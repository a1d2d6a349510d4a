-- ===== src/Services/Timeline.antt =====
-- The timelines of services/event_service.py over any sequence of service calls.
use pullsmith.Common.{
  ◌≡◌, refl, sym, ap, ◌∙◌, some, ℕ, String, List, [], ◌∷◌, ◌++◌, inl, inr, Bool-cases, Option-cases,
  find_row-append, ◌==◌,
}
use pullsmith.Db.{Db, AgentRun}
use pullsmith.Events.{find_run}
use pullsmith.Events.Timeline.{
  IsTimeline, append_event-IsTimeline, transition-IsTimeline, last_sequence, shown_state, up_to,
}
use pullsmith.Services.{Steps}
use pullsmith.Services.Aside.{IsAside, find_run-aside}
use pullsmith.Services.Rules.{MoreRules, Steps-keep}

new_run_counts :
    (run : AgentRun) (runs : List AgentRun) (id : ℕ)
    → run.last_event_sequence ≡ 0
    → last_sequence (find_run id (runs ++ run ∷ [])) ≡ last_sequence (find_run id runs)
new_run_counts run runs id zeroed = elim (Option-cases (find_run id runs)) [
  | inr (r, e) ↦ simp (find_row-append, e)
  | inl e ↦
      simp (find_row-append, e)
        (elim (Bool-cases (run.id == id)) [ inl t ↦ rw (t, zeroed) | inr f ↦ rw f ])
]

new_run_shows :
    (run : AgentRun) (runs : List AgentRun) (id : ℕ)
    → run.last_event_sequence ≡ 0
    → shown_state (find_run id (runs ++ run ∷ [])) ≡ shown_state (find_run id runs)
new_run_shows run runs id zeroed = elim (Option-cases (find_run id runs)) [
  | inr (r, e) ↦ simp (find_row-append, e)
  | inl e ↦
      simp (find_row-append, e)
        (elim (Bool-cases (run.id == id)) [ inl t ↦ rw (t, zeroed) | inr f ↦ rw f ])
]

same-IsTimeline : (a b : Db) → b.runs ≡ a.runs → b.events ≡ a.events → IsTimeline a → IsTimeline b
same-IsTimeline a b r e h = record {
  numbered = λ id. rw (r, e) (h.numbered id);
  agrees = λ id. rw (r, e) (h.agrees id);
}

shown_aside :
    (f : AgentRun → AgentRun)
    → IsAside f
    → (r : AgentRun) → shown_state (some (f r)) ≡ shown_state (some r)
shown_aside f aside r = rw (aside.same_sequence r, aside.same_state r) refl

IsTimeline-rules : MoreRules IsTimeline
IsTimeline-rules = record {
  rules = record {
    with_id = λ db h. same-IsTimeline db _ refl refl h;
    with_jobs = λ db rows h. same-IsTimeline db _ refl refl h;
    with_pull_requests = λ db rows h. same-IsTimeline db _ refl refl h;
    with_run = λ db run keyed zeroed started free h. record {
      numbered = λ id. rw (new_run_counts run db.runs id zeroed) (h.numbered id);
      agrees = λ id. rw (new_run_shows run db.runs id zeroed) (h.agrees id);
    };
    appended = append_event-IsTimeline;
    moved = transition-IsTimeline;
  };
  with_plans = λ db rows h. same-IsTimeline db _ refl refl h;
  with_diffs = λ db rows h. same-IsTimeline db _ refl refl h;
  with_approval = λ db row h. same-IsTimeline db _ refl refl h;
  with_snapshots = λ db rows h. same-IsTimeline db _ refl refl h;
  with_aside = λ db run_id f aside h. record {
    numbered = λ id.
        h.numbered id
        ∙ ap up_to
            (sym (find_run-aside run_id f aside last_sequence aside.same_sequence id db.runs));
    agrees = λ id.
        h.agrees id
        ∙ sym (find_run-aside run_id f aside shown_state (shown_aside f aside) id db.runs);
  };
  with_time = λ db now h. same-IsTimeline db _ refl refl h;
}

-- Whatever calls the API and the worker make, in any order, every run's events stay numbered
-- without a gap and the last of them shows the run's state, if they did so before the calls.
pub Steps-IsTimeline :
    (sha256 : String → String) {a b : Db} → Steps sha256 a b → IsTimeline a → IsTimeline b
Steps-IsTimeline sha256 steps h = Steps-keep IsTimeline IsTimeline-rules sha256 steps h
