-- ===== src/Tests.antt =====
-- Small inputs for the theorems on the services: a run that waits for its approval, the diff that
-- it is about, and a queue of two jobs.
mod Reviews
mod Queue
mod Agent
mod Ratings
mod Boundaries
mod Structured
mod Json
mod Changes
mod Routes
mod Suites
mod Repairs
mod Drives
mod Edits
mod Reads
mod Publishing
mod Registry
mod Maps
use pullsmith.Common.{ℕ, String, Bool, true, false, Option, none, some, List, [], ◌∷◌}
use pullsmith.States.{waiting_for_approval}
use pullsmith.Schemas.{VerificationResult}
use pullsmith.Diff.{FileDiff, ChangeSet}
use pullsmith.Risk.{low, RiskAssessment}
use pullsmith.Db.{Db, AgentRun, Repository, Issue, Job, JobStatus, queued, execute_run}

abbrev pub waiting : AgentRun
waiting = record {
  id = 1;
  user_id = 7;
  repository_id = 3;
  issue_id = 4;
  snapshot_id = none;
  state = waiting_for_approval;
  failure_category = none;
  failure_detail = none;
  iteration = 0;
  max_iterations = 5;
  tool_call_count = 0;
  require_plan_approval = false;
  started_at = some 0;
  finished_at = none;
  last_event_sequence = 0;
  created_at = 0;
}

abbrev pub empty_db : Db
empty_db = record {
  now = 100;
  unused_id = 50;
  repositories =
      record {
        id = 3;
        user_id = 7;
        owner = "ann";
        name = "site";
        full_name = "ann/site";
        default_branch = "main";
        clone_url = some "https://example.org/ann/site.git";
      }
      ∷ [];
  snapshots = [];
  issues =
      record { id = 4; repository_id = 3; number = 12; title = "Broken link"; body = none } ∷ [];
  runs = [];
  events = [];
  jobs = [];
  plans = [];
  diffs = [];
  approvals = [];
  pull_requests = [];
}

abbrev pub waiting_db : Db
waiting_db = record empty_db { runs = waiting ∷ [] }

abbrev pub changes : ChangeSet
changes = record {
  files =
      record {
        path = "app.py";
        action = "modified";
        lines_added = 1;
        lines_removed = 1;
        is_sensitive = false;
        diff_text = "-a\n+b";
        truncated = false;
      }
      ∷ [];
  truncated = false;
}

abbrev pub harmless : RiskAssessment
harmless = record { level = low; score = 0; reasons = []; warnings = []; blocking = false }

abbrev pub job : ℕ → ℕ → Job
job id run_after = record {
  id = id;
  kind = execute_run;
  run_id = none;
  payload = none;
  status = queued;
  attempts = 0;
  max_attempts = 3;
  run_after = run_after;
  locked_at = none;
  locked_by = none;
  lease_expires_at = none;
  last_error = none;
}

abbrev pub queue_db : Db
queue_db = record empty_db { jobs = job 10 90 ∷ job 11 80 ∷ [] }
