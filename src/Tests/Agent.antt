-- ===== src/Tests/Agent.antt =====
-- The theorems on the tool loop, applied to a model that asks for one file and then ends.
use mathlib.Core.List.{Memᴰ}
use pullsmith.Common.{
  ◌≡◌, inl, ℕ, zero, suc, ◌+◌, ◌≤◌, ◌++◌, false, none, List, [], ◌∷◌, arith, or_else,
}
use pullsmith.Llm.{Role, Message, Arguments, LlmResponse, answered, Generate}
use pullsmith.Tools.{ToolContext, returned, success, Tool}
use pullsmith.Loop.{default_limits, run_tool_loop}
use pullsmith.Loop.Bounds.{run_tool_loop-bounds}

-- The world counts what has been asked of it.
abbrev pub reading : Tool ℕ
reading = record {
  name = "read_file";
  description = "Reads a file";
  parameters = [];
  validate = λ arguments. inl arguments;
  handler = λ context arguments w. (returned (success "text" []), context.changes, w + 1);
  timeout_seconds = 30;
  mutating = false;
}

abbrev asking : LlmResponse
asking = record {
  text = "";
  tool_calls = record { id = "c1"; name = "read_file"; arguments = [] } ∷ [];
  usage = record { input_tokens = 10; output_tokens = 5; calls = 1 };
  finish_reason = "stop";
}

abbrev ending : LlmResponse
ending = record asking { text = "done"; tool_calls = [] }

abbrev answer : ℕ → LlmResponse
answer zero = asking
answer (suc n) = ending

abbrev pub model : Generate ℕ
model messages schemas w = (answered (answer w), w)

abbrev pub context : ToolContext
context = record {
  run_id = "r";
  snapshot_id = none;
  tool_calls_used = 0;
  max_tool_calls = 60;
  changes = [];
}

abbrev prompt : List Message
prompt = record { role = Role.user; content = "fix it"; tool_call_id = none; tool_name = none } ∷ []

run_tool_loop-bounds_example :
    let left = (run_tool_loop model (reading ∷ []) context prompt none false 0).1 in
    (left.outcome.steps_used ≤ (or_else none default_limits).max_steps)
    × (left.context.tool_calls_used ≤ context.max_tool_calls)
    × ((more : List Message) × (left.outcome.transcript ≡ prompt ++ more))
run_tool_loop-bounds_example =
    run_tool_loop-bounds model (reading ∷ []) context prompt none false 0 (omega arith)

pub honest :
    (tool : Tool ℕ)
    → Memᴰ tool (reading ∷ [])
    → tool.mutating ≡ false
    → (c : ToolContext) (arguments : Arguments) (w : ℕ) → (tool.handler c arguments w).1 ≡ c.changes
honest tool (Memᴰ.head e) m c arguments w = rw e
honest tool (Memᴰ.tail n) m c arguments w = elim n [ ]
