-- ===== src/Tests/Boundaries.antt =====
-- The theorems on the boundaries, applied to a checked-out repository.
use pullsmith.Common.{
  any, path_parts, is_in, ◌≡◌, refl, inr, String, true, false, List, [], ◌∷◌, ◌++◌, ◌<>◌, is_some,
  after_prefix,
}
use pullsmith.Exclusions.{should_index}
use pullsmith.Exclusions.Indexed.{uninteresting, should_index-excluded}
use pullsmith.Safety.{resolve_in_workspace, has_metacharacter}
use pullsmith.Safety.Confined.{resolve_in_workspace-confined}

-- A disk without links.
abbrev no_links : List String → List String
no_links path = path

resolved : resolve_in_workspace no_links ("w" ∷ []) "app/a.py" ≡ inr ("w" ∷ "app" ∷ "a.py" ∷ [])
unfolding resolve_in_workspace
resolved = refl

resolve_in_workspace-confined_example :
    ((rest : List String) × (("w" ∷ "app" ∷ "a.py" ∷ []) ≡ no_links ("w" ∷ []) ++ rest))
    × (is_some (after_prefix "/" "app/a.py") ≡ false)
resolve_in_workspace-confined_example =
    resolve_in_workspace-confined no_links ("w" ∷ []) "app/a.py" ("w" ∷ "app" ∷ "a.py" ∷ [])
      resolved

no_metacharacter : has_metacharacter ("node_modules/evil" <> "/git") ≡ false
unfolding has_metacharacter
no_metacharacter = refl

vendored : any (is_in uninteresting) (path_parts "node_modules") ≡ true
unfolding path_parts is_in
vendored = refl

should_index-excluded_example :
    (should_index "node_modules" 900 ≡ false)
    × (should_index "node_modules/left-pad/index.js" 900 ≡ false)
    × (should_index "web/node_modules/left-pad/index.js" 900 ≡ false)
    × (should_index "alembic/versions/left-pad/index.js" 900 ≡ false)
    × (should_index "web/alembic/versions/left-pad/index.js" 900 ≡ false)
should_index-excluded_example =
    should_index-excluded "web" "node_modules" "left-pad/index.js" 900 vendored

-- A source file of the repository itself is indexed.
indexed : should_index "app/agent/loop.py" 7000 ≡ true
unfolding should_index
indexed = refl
------
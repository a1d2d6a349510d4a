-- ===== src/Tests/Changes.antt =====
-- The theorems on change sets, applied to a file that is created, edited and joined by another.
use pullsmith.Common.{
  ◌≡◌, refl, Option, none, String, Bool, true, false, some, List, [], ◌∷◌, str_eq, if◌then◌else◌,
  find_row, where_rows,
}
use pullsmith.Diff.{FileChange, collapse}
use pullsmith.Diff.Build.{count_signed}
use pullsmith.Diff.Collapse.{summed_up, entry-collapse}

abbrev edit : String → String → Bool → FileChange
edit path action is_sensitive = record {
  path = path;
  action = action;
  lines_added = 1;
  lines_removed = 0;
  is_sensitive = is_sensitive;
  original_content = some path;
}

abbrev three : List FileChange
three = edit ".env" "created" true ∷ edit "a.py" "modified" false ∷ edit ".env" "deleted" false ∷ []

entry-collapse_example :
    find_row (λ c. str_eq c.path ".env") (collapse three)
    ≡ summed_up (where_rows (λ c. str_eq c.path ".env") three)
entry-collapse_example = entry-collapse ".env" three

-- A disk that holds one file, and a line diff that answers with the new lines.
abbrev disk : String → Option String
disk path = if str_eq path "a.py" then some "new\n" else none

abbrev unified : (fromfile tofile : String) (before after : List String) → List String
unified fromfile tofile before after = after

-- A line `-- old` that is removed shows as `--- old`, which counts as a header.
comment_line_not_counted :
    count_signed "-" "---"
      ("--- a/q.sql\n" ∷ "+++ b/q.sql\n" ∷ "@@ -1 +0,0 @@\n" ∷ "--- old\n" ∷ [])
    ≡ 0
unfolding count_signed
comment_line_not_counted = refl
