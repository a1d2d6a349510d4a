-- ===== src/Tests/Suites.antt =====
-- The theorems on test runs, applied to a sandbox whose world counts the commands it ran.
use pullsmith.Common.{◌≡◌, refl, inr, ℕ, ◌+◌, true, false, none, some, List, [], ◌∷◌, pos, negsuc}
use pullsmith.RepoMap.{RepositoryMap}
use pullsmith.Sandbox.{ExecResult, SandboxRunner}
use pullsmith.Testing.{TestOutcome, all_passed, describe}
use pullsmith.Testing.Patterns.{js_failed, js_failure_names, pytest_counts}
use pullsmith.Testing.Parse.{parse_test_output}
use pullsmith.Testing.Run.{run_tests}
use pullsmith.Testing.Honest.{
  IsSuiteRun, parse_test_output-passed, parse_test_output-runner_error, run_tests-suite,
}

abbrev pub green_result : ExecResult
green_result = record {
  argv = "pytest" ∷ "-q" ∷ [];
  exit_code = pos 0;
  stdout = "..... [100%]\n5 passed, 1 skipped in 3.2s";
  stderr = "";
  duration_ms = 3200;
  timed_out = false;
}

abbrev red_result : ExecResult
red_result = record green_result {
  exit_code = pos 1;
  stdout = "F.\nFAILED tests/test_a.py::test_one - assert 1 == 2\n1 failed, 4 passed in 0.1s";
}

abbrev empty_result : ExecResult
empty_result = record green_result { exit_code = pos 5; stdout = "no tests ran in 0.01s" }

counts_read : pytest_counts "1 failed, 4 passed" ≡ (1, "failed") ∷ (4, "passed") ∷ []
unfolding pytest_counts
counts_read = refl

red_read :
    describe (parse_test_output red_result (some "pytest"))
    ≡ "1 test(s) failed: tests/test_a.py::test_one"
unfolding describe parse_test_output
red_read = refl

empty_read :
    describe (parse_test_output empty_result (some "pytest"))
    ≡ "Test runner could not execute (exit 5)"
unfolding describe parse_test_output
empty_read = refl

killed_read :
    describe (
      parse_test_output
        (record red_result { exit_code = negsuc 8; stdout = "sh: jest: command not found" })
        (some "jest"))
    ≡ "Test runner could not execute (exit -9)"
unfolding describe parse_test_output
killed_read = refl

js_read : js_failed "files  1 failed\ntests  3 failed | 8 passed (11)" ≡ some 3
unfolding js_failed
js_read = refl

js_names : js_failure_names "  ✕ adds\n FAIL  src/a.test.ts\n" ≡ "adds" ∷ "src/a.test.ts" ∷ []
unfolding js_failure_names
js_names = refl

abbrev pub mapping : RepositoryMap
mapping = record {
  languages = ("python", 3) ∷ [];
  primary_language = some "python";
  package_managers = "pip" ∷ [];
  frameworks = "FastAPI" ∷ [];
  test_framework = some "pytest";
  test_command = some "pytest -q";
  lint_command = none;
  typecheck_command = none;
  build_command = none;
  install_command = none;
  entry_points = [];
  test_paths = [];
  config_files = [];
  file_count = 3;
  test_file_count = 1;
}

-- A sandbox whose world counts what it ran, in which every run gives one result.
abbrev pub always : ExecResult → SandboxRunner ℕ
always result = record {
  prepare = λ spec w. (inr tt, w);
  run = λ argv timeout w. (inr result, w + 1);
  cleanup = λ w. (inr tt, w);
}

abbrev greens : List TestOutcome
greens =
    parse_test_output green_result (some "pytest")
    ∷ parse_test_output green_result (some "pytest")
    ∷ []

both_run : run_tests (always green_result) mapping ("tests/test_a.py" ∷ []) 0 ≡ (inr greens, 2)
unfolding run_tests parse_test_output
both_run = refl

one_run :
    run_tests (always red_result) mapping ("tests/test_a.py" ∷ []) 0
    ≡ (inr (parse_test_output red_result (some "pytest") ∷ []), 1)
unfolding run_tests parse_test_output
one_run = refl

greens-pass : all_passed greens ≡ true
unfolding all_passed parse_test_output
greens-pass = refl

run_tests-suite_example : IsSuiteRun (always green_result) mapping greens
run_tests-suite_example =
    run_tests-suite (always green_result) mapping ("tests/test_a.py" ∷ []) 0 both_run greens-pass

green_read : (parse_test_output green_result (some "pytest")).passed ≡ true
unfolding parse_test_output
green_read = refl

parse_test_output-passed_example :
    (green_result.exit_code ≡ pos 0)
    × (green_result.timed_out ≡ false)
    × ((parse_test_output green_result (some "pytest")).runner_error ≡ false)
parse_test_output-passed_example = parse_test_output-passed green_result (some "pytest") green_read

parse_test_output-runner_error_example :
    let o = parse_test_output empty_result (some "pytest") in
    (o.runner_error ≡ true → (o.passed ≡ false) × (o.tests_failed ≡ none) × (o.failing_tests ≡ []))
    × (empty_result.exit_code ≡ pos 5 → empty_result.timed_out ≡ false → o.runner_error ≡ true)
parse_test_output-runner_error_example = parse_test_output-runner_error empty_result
------
**WORK TASK:**
If the word "RiskAssessment" appears in a line above, copy that line.

**ANSWER TO THIS EXERCISE:**
use pullsmith.Risk.{low, RiskAssessment}
abbrev pub harmless : RiskAssessment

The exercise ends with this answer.